+++ MATERIAL PROVIDED

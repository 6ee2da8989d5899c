-- ===== src/Fs/Cache/Tests.antt =====
-- Runs of the inode cache over the disk of `Fs.Tests`.
use os_playground.Base.{◌≡◌, refl, true, false, some, [], ◌∷◌, inl, arith}
use os_playground.Fs.Rw.{iupdate}
use os_playground.Fs.Cache.{Itable, set_inode, returns, idup, look, iget, ilock, drop_ref}
use os_playground.Fs.Cache.Load.{HasWidth, as_loaded, ilock-iupdate}
use os_playground.Fs.Cache.Refs.{IsSound, get, dup, drop}
use os_playground.Fs.Cache.Safety.{start, further, Calls-IsSound}
use os_playground.Fs.Alloc.{Chosen, ialloc, ialloc_lem}
use os_playground.Fs.Tests.{small_fs, small_file}

-- The file has been written back, and its entry has not been read.
abbrev unread : Itable
unread = record {
  icache = λ i. record small_file {
    ref = 1;
    locked = false;
    valid = false;
    type = 0;
    size = 0;
    addrs = λ _. 0;
  };
  fs = iupdate small_file small_fs;
}

small-HasWidth : HasWidth small_file
small-HasWidth = record {
  type = omega arith;
  major = omega arith;
  minor = omega arith;
  nlink = omega arith;
  size = omega arith;
  addrs = λ k l. ground arith;
}

ilock-iupdate_example :
    ilock 9 4 unread
    ≡ returns (
        set_inode 4
          (record (as_loaded small_file (unread.icache 4)) { locked = true; pid = 9; valid = true })
          unread)
ilock-iupdate_example =
    ilock-iupdate 9 4 small_file unread small_fs small-HasWidth (λ e. omega arith) refl refl refl
      refl refl

abbrev empty_cache : Itable
empty_cache = record {
  icache = λ i. record small_file { ref = 0; locked = false; valid = false };
  fs = small_fs;
}

abbrev one_entry : Itable
one_entry =
    set_inode 0 (record (empty_cache.icache 0) { dev = 1; inum = 2; ref = 1; valid = false })
      empty_cache

-- The first entry is used, and a second call finds it.
first_get : iget 1 2 empty_cache ≡ some (0, one_entry)
unfolding iget look
first_get = refl

second_get : iget 1 2 one_entry ≡ some (0, idup 0 one_entry)
unfolding iget look idup
second_get = refl

Calls-IsSound_example : IsSound (drop_ref 0 (idup 0 one_entry)) (0 ∷ [])
Calls-IsSound_example = Calls-IsSound empty_cache (drop_ref 0 (idup 0 one_entry)) (0 ∷ []) (
    further (idup 0 one_entry) (drop_ref 0 (idup 0 one_entry)) (0 ∷ 0 ∷ []) (0 ∷ [])
      (further one_entry (idup 0 one_entry) (0 ∷ []) (0 ∷ 0 ∷ [])
        (further empty_cache one_entry [] (0 ∷ []) (start (λ i l. refl))
          (get 1 2 0 one_entry (omega arith) first_get))
        (dup 0 (omega arith) (inl refl)))
      (drop 0 (inl refl)))

ialloc_lem_example : Chosen 1 2 empty_cache (ialloc 1 2 empty_cache)
ialloc_lem_example = ialloc_lem 1 2 empty_cache (omega arith)
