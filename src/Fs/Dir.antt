-- ===== src/Fs/Dir.antt =====
-- Directories: `namecmp` and `dirlookup` of xv6-l/fs.c.
-- `de` and `name` are the addresses of the `struct dirent` on the stack and of the name.
pub mod Names
pub mod Find
pub mod Lookup
mod Tests
use os_playground.Base.{
  ℕ, zero, suc, ◌+◌, Bool, true, false, not, Option, none, some, ltb, ◌==◌, if◌then◌else◌,
}
use os_playground.Str.{Memory, strncmp}
use os_playground.Fs.{Fs, Inode}
use os_playground.Fs.Rw.{Device, Result, readi}
use os_playground.Fs.Path.{dirsiz}
use os_playground.Fs.Cache.{Itable, set_inode, half, iget}

-- T_DIR of stat.h
abbrev pub t_dir : ℕ
t_dir = 1

abbrev pub namecmp : ℕ → ℕ → Memory → ℕ
namecmp s t m = strncmp s t dirsiz m

-- The offset of an entry and its inode, or no entry.
pub data Search : Type 0 where
  found : ℕ → ℕ → Search
  absent : Search

-- `none` is a panic.
abbrev pub Scan : Type 0
Scan = Option (Search × Memory × Inode × Fs)

abbrev pub scan_entry : (Memory → Inode → Fs → Scan) → ℕ → ℕ → ℕ → Result → Scan
scan_entry loop off name de none = none
scan_entry loop off name de (some (n, mem, dp, fs)) =
    let rest = loop mem dp fs in
    if not (n == 16)
    then none
    else if half mem de == 0
    then rest
    else if namecmp name (de + 2) mem == 0
    then some (found off (half mem de), mem, dp, fs)
    else rest

-- The loop of `dirlookup` from offset `off` on, on fuel; a round moves on by 16 bytes.
unfoldable pub scan : (ℕ → Option Device) → ℕ → ℕ → ℕ → ℕ → Memory → Inode → Fs → Scan
unfolding readi strncmp
scan devsw zero off name de mem dp fs = none
scan devsw (suc fuel) off name de mem dp fs =
    let rest =
      scan_entry (scan devsw fuel (off + 16) name de) off name de
        (readi devsw de off 16 mem dp fs) in
    if ltb off dp.size then rest else some (absent, mem, dp, fs)

-- What `dirlookup` returns: no inode, or the entry of an inode in the cache and the offset `*poff`.
abbrev pub named : ℕ → Memory → Option (ℕ × Itable) → Option (Option (ℕ × ℕ) × Memory × Itable)
named off mem none = none
named off mem (some (i, s)) = some (some (i, off), mem, s)

abbrev pub looked_up : ℕ → Scan → Itable → Option (Option (ℕ × ℕ) × Memory × Itable)
looked_up i none s = none
looked_up i (some (absent, mem, dp, fs)) s = some (none, mem, record (set_inode i dp s) { fs = fs })
looked_up i (some (found off inum, mem, dp, fs)) s =
    named off mem (iget dp.dev inum (record (set_inode i dp s) { fs = fs }))

-- `none` is one of the panics.
unfoldable pub dirlookup :
    (ℕ → Option Device) → ℕ → ℕ → ℕ → Memory → Itable → Option (Option (ℕ × ℕ) × Memory × Itable)
unfolding scan iget
dirlookup devsw i name de mem s =
    let dp = s.icache i in
    if not (dp.type == t_dir)
    then none
    else looked_up i (scan devsw (suc dp.size) 0 name de mem dp s.fs) s
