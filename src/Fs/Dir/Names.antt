-- ===== src/Fs/Dir/Names.antt =====
-- `strncmp`: it returns 0 for equal names.
use os_playground.Base.{
  ℕ, zero, suc, ◌+◌, ◌-◌, ◌<◌, ◌≡◌, ◌≢◌, refl, sym, ap, ◌∙◌, true, false, not, ◌==◌, ◌&&◌,
  if◌then◌else◌, arith, ℕ_discrete, Bool-cases, inl, inr,
}
use os_playground.Str.{Memory, byte_diff, strncmp}

-- Equal in the first `n` bytes, or up to the NUL at which both end.
abbrev pub SameName : (ℕ → ℕ) → (ℕ → ℕ) → ℕ → Type 0
SameName a b n = (i : ℕ) → i < n → ((j : ℕ) → j < i → a j ≢ 0) → a i ≡ b i

SameName-next :
    (a b : ℕ → ℕ) (n : ℕ)
    → a 0 ≡ b 0
    → (a 0 ≢ 0 → SameName (λ i. a (suc i)) (λ i. b (suc i)) n)
    → SameName a b (suc n)
SameName-next a b n e rest zero l before = e
SameName-next a b n e rest (suc i) l before =
    rest (before 0 (omega arith)) i (omega arith) (λ j h. before (suc j) (omega arith))

module _ (m : Memory) (bytes : (i : ℕ) → m i < 256) where
  differ : (p q : ℕ) → m p ≢ m q → byte_diff (m p) (m q) ≢ 0
  differ p q ne z = let h = bytes p in let g = bytes q in omega arith

  equal : (p q : ℕ) → m p ≡ m q → byte_diff (m p) (m q) ≡ 0
  equal p q e = let h = bytes p in let g = bytes q in omega arith

  pub strncmp-SameName :
      (p q n : ℕ) (a b : ℕ → ℕ)
      → ((i : ℕ) → a i ≡ m (p + i))
      → ((i : ℕ) → b i ≡ m (q + i))
      → strncmp p q n m ≡ 0
      → SameName a b n
  unfolding strncmp
  strncmp-SameName p q zero a b f g z = λ i l. absurd (omega arith)
  strncmp-SameName p q (suc n) a b f g z = elim (Bool-cases (not (m p == 0) && m p == m q)) [
    | inl e ↦ SameName-next a b n (first p q a b f g (ground arith)) (λ _.
        strncmp-SameName (p + 1) (q + 1) n (λ i. a (suc i)) (λ i. b (suc i))
          (λ i. f (suc i) ∙ ap m (omega arith)) (λ i. g (suc i) ∙ ap m (omega arith))
          (sym (ap (λ c. if c then strncmp (p + 1) (q + 1) n m else byte_diff (m p) (m q)) e) ∙ z))
    | inr e ↦
        let d : byte_diff (m p) (m q) ≡ 0 =
          sym (ap (λ c. if c then strncmp (p + 1) (q + 1) n m else byte_diff (m p) (m q)) e) ∙ z in
        let same : m p ≡ m q = elim (ℕ_discrete (m p) (m q)) [
          | yes s ↦ s
          | no ne ↦ absurd (differ p q ne d)
        ] in
        SameName-next a b n (first p q a b f g same)
          (λ has. absurd (has (f 0 ∙ ap m (omega arith) ∙ ended (m p) (m q) e same)))
  ]
    where
      first :
          (p q : ℕ) (a b : ℕ → ℕ)
          → ((i : ℕ) → a i ≡ m (p + i))
          → ((i : ℕ) → b i ≡ m (q + i))
          → m p ≡ m q
          → a 0 ≡ b 0
      first p q a b f g e = f 0 ∙ ap m (omega arith) ∙ e ∙ ap m (omega arith) ∙ sym (g 0)

      ended : (x y : ℕ) → not (x == 0) && x == y ≡ false → x ≡ y → x ≡ 0
      ended x y e s = ground arith

  pub SameName-strncmp :
      (p q n : ℕ) (a b : ℕ → ℕ)
      → ((i : ℕ) → a i ≡ m (p + i))
      → ((i : ℕ) → b i ≡ m (q + i))
      → SameName a b n
      → strncmp p q n m ≡ 0
  unfolding strncmp
  SameName-strncmp p q zero a b f g same = refl
  SameName-strncmp p q (suc n) a b f g same = elim (Bool-cases (not (m p == 0) && m p == m q)) [
    | inl e ↦
        ap (λ c. if c then strncmp (p + 1) (q + 1) n m else byte_diff (m p) (m q)) e
        ∙ SameName-strncmp (p + 1) (q + 1) n (λ i. a (suc i)) (λ i. b (suc i))
            (λ i. f (suc i) ∙ ap m (omega arith)) (λ i. g (suc i) ∙ ap m (omega arith))
            (λ i l before. same (suc i) (omega arith) (λ j h. elim (ℕ_discrete j 0) [
              | yes z ↦ λ y.
                  running (m p) (m q) e (sym (ap m (omega arith)) ∙ sym (f 0) ∙ ap a (sym z) ∙ y)
              | no ne ↦ λ y. before (j - 1) (omega arith) (ap a (omega arith) ∙ y)
            ]))
    | inr e ↦
        ap (λ c. if c then strncmp (p + 1) (q + 1) n m else byte_diff (m p) (m q)) e
        ∙ equal p q (
            ap m (omega arith)
            ∙ sym (f 0)
            ∙ same 0 (omega arith) (λ j l. absurd (omega arith))
            ∙ g 0
            ∙ ap m (omega arith))
  ]
    where
      running : (x y : ℕ) → not (x == 0) && x == y ≡ true → x ≡ 0 → ⊥
      running x y e z = ground arith
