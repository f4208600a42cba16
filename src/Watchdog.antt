-- ===== src/Watchdog.antt =====
-- core/src/watchdog.rs: `SafeReason`, `SafeState` and `Watchdog`. Times are 64-bit microseconds;
-- the sum of a time and a budget wraps, as in a release build.
pub mod Latch
pub mod Reaction
use fieldbus_control_node.Prelude.{
  ℕ, ◌+◌, ◌-◌, Bool, true, false, ◌&&◌, Option, none, some, List, [], ◌∷◌, ltb, if◌then◌else◌, u64,
}
use Prim.Native.String.{String}

-- last_seen_us, tripped_at_us, timeout_us
pub data SafeReason : Type 0 where
  sensor_stale : ℕ → ℕ → ℕ → SafeReason

pub record SafeState : Type 0 where
  pub reason : SafeReason

since_last : SafeReason → ℕ
since_last (sensor_stale last_seen_us tripped_at_us timeout_us) = tripped_at_us - last_seen_us

unfoldable pub time_since_last_accepted_us : SafeState → ℕ
unfolding since_last
time_since_last_accepted_us s = since_last s.reason

past_budget : SafeReason → ℕ
past_budget (sensor_stale last_seen_us tripped_at_us timeout_us) =
    tripped_at_us - u64 (last_seen_us + timeout_us)

unfoldable pub overshoot_past_budget_us : SafeState → ℕ
unfolding past_budget
overshoot_past_budget_us s = past_budget s.reason

name_of_reason : SafeReason → String
name_of_reason (sensor_stale last_seen_us tripped_at_us timeout_us) = "sensor_stale"

unfoldable pub reason_name : SafeState → String
unfolding name_of_reason
reason_name s = name_of_reason s.reason

pub record Watchdog : Type 0 where
  pub timeout_us : ℕ
  pub last_seen_us : ℕ
  pub latched : Option SafeState

unfoldable pub new : ℕ → ℕ → Watchdog
new timeout_us start_us = record {
  timeout_us = timeout_us;
  last_seen_us = start_us;
  latched = none;
}

unfoldable pub feed : Watchdog → ℕ → Watchdog
feed w now_us = if ltb w.last_seen_us now_us then record w { last_seen_us = now_us } else w

abbrev is_none {ℓ} : {A : Type ℓ} → Option A → Bool
is_none none = true
is_none (some a) = false

unfoldable pub check : Watchdog → ℕ → Watchdog × Option SafeState
check w now_us =
    let w' =
      if is_none w.latched && ltb (u64 (w.last_seen_us + w.timeout_us)) now_us
      then record w {
        latched = some (record { reason = sensor_stale w.last_seen_us now_us w.timeout_us });
      }
      else w in
    (w', w'.latched)

unfoldable pub reset : Watchdog → ℕ → Watchdog
reset w now_us = record w { latched = none; last_seen_us = now_us }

++++++

→ **DIRECTIONS FOR THIS TASK**
What is asked for is an exact copy of the lines above from the one containing "-- The first" through the one containing "ialloc_lem_example = ialloc_lem", and only those.

→ **YOUR SOLUTION**
-- The first entry is used, and a second call finds it.
first_get : iget 1 2 empty_cache ≡ some (0, one_entry)
unfolding iget look
first_get = refl

second_get : iget 1 2 one_entry ≡ some (0, idup 0 one_entry)
unfolding iget look idup
second_get = refl

Calls-IsSound_example : IsSound (drop_ref 0 (idup 0 one_entry)) (0 ∷ [])
Calls-IsSound_example = Calls-IsSound empty_cache (drop_ref 0 (idup 0 one_entry)) (0 ∷ []) (
    further (idup 0 one_entry) (drop_ref 0 (idup 0 one_entry)) (0 ∷ 0 ∷ []) (0 ∷ [])
      (further one_entry (idup 0 one_entry) (0 ∷ []) (0 ∷ 0 ∷ [])
        (further empty_cache one_entry [] (0 ∷ []) (start (λ i l. refl))
          (get 1 2 0 one_entry (omega arith) first_get))
        (dup 0 (omega arith) (inl refl)))
      (drop 0 (inl refl)))

ialloc_lem_example : Chosen 1 2 empty_cache (ialloc 1 2 empty_cache)
ialloc_lem_example = ialloc_lem 1 2 empty_cache (omega arith)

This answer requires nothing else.